5. **CCP backend on n4 is decoupled from per-tenant ccp-agent**. Restarting a tenant's ccp-agent does NOT affect CCP itself. Verified during bnkops patch (CCP backend stayed at 41h uptime while ccp-agent recreated).
---
## Memory files (in `/home/bunker-admin/.claude/projects/-home-bunker-admin-changemaker-lite/memory/`)
Latest session work documented in:
- `feedback_gitea_release_tag_timing.md`
- `feedback_ccp_agent_image_deps.md`
- `feedback_upgrade_compose_project_name.md`
- `feedback_upgrade_sh_bugs.md`
- `feedback_session_2026_05_20_damage_report.md`
Plus the architectural plan: `/home/bunker-admin/.claude/plans/okay-so-we-can-enumerated-hejlsberg.md`
---
## Where to start the next session
Recommended sequence:
1. **Apply surgical update to remaining 6 tenants** (~30-45 min, low risk; pia procedure already proven). Order: marcelle, linda (release), then soroush, trbh, bnkops, pridecorner (source).
2. **Test CCP-driven upgrade on marcelle** after surgical update lands. This will verify the deferred ccp-agent restart works end-to-end through the CCP path (the test we couldn't complete tonight because Phase 6 kept self-destructing).
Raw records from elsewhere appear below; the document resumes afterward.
-- ===== src/P2p/Tests.antt =====
-- Two and three stages, and the theorems at concrete inputs. A tensor is its size.
use megatron_lm.P2p.Pairs.{both, neighbours-Dual, toward, Dual}
use megatron_lm.P2p.Outcomes.{communicate-total}
use megatron_lm.P2p.Waits.{Kept}
use megatron_lm.Prelude.{refl, arith, inr, ok, true, [], some, false, ◌≡◌, none, ℕ, ◌∷◌, List}
use megatron_lm.P2p.{
  global_rank, finish, post, allocate, communicate_shapes, ring_exchange_wrapper, p2p_ops,
  batched_p2p_ops, batched_ops, in_order, three_numbers, recv, tensor, send, p2p_requests,
  get_pipeline_model_parallel_prev_rank, Op, Stage, is_pipeline_last_stage,
  get_pipeline_model_parallel_next_rank, Side, is_pipeline_first_stage, Config, communicate,
  Communicated, Shape,
}

abbrev stage : ℕ → Stage
stage rank = record { rank = rank; world_size = 3; virtual = none; global_ranks = 0 ∷ 4 ∷ 8 ∷ [] }

abbrev half : ℕ → Stage
half rank = record { rank = rank; world_size = 2; virtual = none; global_ranks = 5 ∷ 7 ∷ [] }

abbrev config : Config
config = record {
  variable_seq_lengths = false;
  use_ring_exchange_p2p = false;
  batch_p2p_comm = true;
  batch_p2p_sync = true;
  pipeline_dtype = some 16;
}

abbrev shape : Shape
shape = 8 ∷ 2 ∷ []

abbrev size : Shape → Shape
size t = t

abbrev received : Side → Shape
received side = shape

program : Unit {0}
unfolding global_rank is_pipeline_first_stage is_pipeline_last_stage
    get_pipeline_model_parallel_next_rank get_pipeline_model_parallel_prev_rank send recv in_order
    batched_ops batched_p2p_ops p2p_requests p2p_ops ring_exchange_wrapper communicate_shapes
    allocate post finish communicate
program = tt

next_rank : get_pipeline_model_parallel_next_rank (stage 1) ≡ ok 8
unfolding program
next_rank = refl

last_wraps : get_pipeline_model_parallel_next_rank (stage 2) ≡ ok 0
unfolding program
last_wraps = refl

communicate-total_example :
    (r : Communicated Shape) × (communicate size received
        (stage 1)
        config
        (some shape)
        none
        true
        false
        (some shape)
        true
      ≡ ok r)
    × (r.tensor_recv_prev ≡ some (record { shape = shape; dtype = 16 }))
    × (r.tensor_recv_next ≡ none)
    × Kept true r
unfolding program
communicate-total_example =
    communicate-total size received (stage 1) config 0 8 refl refl (some shape) none true false
      shape 16 true refl refl (inr (inr refl))

-- The stages exchange an activation and a gradient.
neighbours-Dual_example :
    (xs ys : List (Op Shape)) × (p2p_requests
        (stage 0)
        none
        none
        (some (tensor shape))
        (some three_numbers)
      ≡ ok xs)
    × (p2p_requests (stage 1) (some (tensor shape)) (some three_numbers) none none ≡ ok ys)
    × Dual (toward 4 xs) (toward 0 ys)
unfolding program
neighbours-Dual_example =
    neighbours-Dual (stage 0) (stage 1) 0 4 8 8 none (some (tensor shape)) (some (tensor shape))
      none none (some three_numbers) (some three_numbers) none refl refl refl refl
      (λ h. absurd (omega arith)) (λ h. absurd (omega arith)) both both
3. **Implement Approach B** per the plan — image-only upgrade mode. Estimated 1-2 days.
4. **Implement Approach C** — CCP template re-render. 3-5 days.
If only one thing happens next session: **do step 1**. Six surgical updates × ~5 minutes each. The rest of the fleet stays vulnerable to Phase 6 self-destruct until they're on v2.10.2's upgrade.sh.